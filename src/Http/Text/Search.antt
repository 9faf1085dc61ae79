-- ===== src/Http/Text/Search.antt =====
-- What `strstr` and `strchr` find behind bytes that cannot be the place.
use vtfs.Base.{
  ℕ, ◌≤◌, ◌≡◌, refl, true, false, none, some, [], ◌∷◌, ◌++◌, ◌==◌, ==_refl, arith, Bool-cases, inl,
  inr,
}
use vtfs.Base.Lists.{mem, length}
use vtfs.Base.Strings.{Bytes}
use vtfs.Http.Text.{starts_with, strstr, strchr}

pub starts_with-append : (p s : Bytes) → starts_with p (p ++ s) ≡ true
unfolding starts_with
starts_with-append [] s = refl
starts_with-append (a ∷ p) s = rw (==_refl a) (starts_with-append p s)

-- A needle is found where it stands, if it does not begin with a NUL.
pub strstr-append :
    (a : ℕ) (needle s : Bytes)
    → (a == 0) ≡ false
    → strstr ((a ∷ needle) ++ s) (a ∷ needle) ≡ some ((a ∷ needle) ++ s)
unfolding strstr
strstr-append a needle s n0 = rw n0 (rw (starts_with-append (a ∷ needle) s))

-- It is not found in front of the first place that has its first byte.
pub strstr_skip :
    (a : ℕ) (needle before s : Bytes)
    → mem 0 before ≡ false
    → mem a before ≡ false
    → strstr (before ++ s) (a ∷ needle) ≡ strstr s (a ∷ needle)
unfolding strstr starts_with
strstr_skip a needle [] s n0 na = refl
strstr_skip a needle (c ∷ before) s n0 na = ground (arith, strstr_skip a needle before s)

pub strchr_skip :
    (c : ℕ) (before s : Bytes)
    → mem 0 before ≡ false
    → mem c before ≡ false
    → strchr (before ++ s) c ≡ strchr s c
unfolding strchr
strchr_skip c [] s n0 nc = refl
strchr_skip c (d ∷ before) s n0 nc = ground (arith, strchr_skip c before s)

pub strchr_here : (c : ℕ) (s : Bytes) → strchr (c ∷ s) c ≡ some (c ∷ s)
unfolding strchr
strchr_here c s = rw (==_refl c)

pub strchr_pass :
    (c d : ℕ) (s : Bytes) → (d == c) ≡ false → (d == 0) ≡ false → strchr s c ≡ strchr (d ∷ s) c
unfolding strchr
strchr_pass c d s nc n0 = rw nc (rw n0)

pub strchr-length-le : (c : ℕ) (s found : Bytes) → strchr s c ≡ some found → length found ≤ length s
unfolding strchr
strchr-length-le c [] found e = absurd (cc e)
strchr-length-le c (d ∷ s) found e = elim (Bool-cases (d == c)) [
  | inl here ↦ let same : some (d ∷ s) ≡ some found = rw here at e in ground (arith, same)
  | inr away ↦ elim (Bool-cases (d == 0)) [
    | inl nul ↦ let gone : none ≡ some found = rw nul at (rw away at e) in absurd (cc gone)
    | inr more ↦
        let later : strchr s c ≡ some found = rw more at (rw away at e) in
        omega (arith, strchr-length-le c s found later)
  ]
]
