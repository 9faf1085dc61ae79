-- ===== src/Http/Json/Field.antt =====
-- What the two functions find in an object that a server prints.
use vtfs.Base.{
  ℕ, suc, ◌-◌, ◌≤◌, ◌≡◌, refl, ap, ◌∙◌, true, false, ◌||◌, some, [], ◌∷◌, ◌++◌, ◌==◌, leb, arith,
  if◌then◌else◌, Bool-cases, inl, inr,
}
use vtfs.Base.Int.{pos}
use vtfs.Base.Lists.{
  length, take, drop, mem, length-append, take-append_le, take-append_self, drop-append_self,
}
use vtfs.Base.Strings.{Bytes, clip_all}
use vtfs.Http.Text.{strstr, strchr}
use vtfs.Http.Text.Search.{strstr-append, strstr_skip, strchr_skip, strchr_here}
use vtfs.Http.Json.{
  pattern_of, copied, skip_blanks, ends_number, number_length, extract_json_field,
  extract_json_number,
}

-- Bytes in which neither a NUL nor a quote stands.
abbrev pub Plain : Bytes → Type 0
Plain s = (mem 0 s ≡ false) × (mem b'"' s ≡ false)

-- A value cut to a buffer: all of it, if there is room for a NUL behind it.
abbrev pub clip_value : (value_size : ℕ) → Bytes → Bytes
clip_value value_size value =
    if leb value_size (length value) then take (value_size - 1) value else value

copied_value :
    (value_size : ℕ) (value after : Bytes)
    → copied value_size (length value) (value ++ after) ≡ clip_value value_size value
copied_value value_size value after = elim (Bool-cases (leb value_size (length value))) [
  | inl long ↦ rw long (take-append_le (value_size - 1) value after (ground arith))
  | inr short ↦ rw short (take-append_self value after)
]

-- White space in front of a number.
abbrev pub AreBlanks : Bytes → Type 0
AreBlanks [] = Unit
AreBlanks (c ∷ s) = ((c == b' ' || c == b'\t') ≡ true) × AreBlanks s

-- Bytes of which none ends a number.
abbrev pub IsNumberText : Bytes → Type 0
IsNumberText [] = Unit
IsNumberText (c ∷ s) = (ends_number c ≡ false) × IsNumberText s

number_length-append :
    (number after : Bytes) (c : ℕ)
    → IsNumberText number
    → ends_number c ≡ true
    → number_length (number ++ c ∷ after) ≡ length number
unfolding number_length
number_length-append [] after c h e = rw e
number_length-append (d ∷ number) after c (hd, h) e =
    rw hd (ap suc (number_length-append number after c h e))

not_blank : (d : ℕ) (s : Bytes) → ends_number d ≡ false → skip_blanks (d ∷ s) ≡ d ∷ s
unfolding skip_blanks ends_number
not_blank d s h = ground arith

skip_blanks-append :
    (blanks : Bytes) (d : ℕ) (s : Bytes)
    → AreBlanks blanks
    → ends_number d ≡ false
    → skip_blanks (blanks ++ d ∷ s) ≡ d ∷ s
unfolding skip_blanks
skip_blanks-append [] d s h n = not_blank d s n
skip_blanks-append (c ∷ blanks) d s (hc, h) n = rw hc (skip_blanks-append blanks d s h n)

-- The name of a field in its quotes.
abbrev pub quoted_name : Bytes → Bytes
quoted_name field = b'"' ∷ (field ++ b'"' ∷ [])

module _ (front field : Bytes) (f : Plain front) (short : length field ≤ 125) where
  pattern_whole : pattern_of field ≡ quoted_name field
  pattern_whole =
      clip_all 128 (quoted_name field) (omega (arith, length-append {0} field (b'"' ∷ [])))

  -- The field's name is found behind what stands in front of it.
  found :
      (s : Bytes)
      → strstr (front ++ (quoted_name field ++ s)) (pattern_of field)
        ≡ some (quoted_name field ++ s)
  found s =
      ap (strstr (front ++ (quoted_name field ++ s))) pattern_whole
      ∙ strstr_skip b'"' (field ++ b'"' ∷ []) front (quoted_name field ++ s) f.0 f.1
      ∙ strstr-append b'"' (field ++ b'"' ∷ []) s refl

  behind : (s : Bytes) → drop (length (pattern_of field)) (quoted_name field ++ s) ≡ s
  behind s = rw pattern_whole (drop-append_self (quoted_name field) s)

  -- The value of a field that is a string, `"field" between "value"`, with no quote in front of the
  -- field, is what `extract_json_field` writes, cut to the size of its buffer.
  pub extract_json_field_value :
      (between value after : Bytes) (value_size : ℕ)
      → Plain between
      → Plain value
      → extract_json_field
          (front ++ (quoted_name field ++ (between ++ b'"' ∷ (value ++ b'"' ∷ after))))
          field
          value_size
        ≡ (pos 0, some (clip_value value_size value))
  unfolding extract_json_field
  extract_json_field_value between value after value_size b v =
      let tail = value ++ b'"' ∷ after in
      let quote : strchr (between ++ b'"' ∷ tail) b'"' ≡ some (b'"' ∷ tail) =
        strchr_skip b'"' between (b'"' ∷ tail) b.0 b.1 ∙ strchr_here b'"' tail in
      let end : strchr tail b'"' ≡ some (b'"' ∷ after) =
        strchr_skip b'"' value (b'"' ∷ after) v.0 v.1 ∙ strchr_here b'"' after in
      let long : length tail - length (b'"' ∷ after) ≡ length value =
        omega (arith, length-append {0} value (b'"' ∷ after)) in
      rw (found (between ++ b'"' ∷ tail)) (
        rw (behind (between ++ b'"' ∷ tail)) (
          rw quote (
            rw end (
              rw long (
                ap (λ (r : Bytes). (pos 0, some r))
                  (copied_value value_size value (b'"' ∷ after)))))))

  -- The value of a field that is a number, `"field" between : number`, with no quote in front of the
  -- field and no colon between, is what `extract_json_number` writes, cut to the size of its buffer.
  pub extract_json_number_value :
      (between blanks : Bytes) (d : ℕ) (number : Bytes) (c : ℕ) (after : Bytes) (value_size : ℕ)
      → mem 0 between ≡ false
      → mem b':' between ≡ false
      → AreBlanks blanks
      → IsNumberText (d ∷ number)
      → ends_number c ≡ true
      → extract_json_number
          (front
            ++ (quoted_name field ++ (between ++ b':' ∷ (blanks ++ (d ∷ number ++ c ∷ after)))))
          field
          value_size
        ≡ (pos 0, some (clip_value value_size (d ∷ number)))
  unfolding extract_json_number
  extract_json_number_value between blanks d number c after value_size b0 bc hb hn e =
      let tail = d ∷ number ++ c ∷ after in
      let colon : strchr (between ++ b':' ∷ (blanks ++ tail)) b':'
          ≡ some (b':' ∷ (blanks ++ tail)) =
        strchr_skip b':' between (b':' ∷ (blanks ++ tail)) b0 bc
        ∙ strchr_here b':' (blanks ++ tail) in
      let start : skip_blanks (blanks ++ tail) ≡ tail =
        skip_blanks-append blanks d (number ++ c ∷ after) hb hn.0 in
      let long : number_length tail ≡ length (d ∷ number) =
        number_length-append (d ∷ number) after c hn e in
      let some_digit : (length (d ∷ number) == 0) ≡ false = ground arith in
      rw (found (between ++ b':' ∷ (blanks ++ tail))) (
        rw (behind (between ++ b':' ∷ (blanks ++ tail))) (
          rw colon (
            rw start (
              rw long (
                rw some_digit (
                  ap (λ (r : Bytes). (pos 0, some r))
                    (copied_value value_size (d ∷ number) (c ∷ after))))))))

——

■ **What you have to do**: All lines above between those holding "strchr-length-le c [] found e = absurd (cc e)" and "AreBlanks (c ∷", inclusive, must be set down unchanged, and no other line may be included.

■ **Answer to this task**:
strchr-length-le c [] found e = absurd (cc e)
strchr-length-le c (d ∷ s) found e = elim (Bool-cases (d == c)) [
  | inl here ↦ let same : some (d ∷ s) ≡ some found = rw here at e in ground (arith, same)
  | inr away ↦ elim (Bool-cases (d == 0)) [
    | inl nul ↦ let gone : none ≡ some found = rw nul at (rw away at e) in absurd (cc gone)
    | inr more ↦
        let later : strchr s c ≡ some found = rw more at (rw away at e) in
        omega (arith, strchr-length-le c s found later)
  ]
]
repository 9faf1085dc61ae79
-- ===== src/Http/Json/Field.antt =====
-- What the two functions find in an object that a server prints.
use vtfs.Base.{
  ℕ, suc, ◌-◌, ◌≤◌, ◌≡◌, refl, ap, ◌∙◌, true, false, ◌||◌, some, [], ◌∷◌, ◌++◌, ◌==◌, leb, arith,
  if◌then◌else◌, Bool-cases, inl, inr,
}
use vtfs.Base.Int.{pos}
use vtfs.Base.Lists.{
  length, take, drop, mem, length-append, take-append_le, take-append_self, drop-append_self,
}
use vtfs.Base.Strings.{Bytes, clip_all}
use vtfs.Http.Text.{strstr, strchr}
use vtfs.Http.Text.Search.{strstr-append, strstr_skip, strchr_skip, strchr_here}
use vtfs.Http.Json.{
  pattern_of, copied, skip_blanks, ends_number, number_length, extract_json_field,
  extract_json_number,
}

-- Bytes in which neither a NUL nor a quote stands.
abbrev pub Plain : Bytes → Type 0
Plain s = (mem 0 s ≡ false) × (mem b'"' s ≡ false)

-- A value cut to a buffer: all of it, if there is room for a NUL behind it.
abbrev pub clip_value : (value_size : ℕ) → Bytes → Bytes
clip_value value_size value =
    if leb value_size (length value) then take (value_size - 1) value else value

copied_value :
    (value_size : ℕ) (value after : Bytes)
    → copied value_size (length value) (value ++ after) ≡ clip_value value_size value
copied_value value_size value after = elim (Bool-cases (leb value_size (length value))) [
  | inl long ↦ rw long (take-append_le (value_size - 1) value after (ground arith))
  | inr short ↦ rw short (take-append_self value after)
]

-- White space in front of a number.
abbrev pub AreBlanks : Bytes → Type 0
AreBlanks [] = Unit
AreBlanks (c ∷ s) = ((c == b' ' || c == b'\t') ≡ true) × AreBlanks s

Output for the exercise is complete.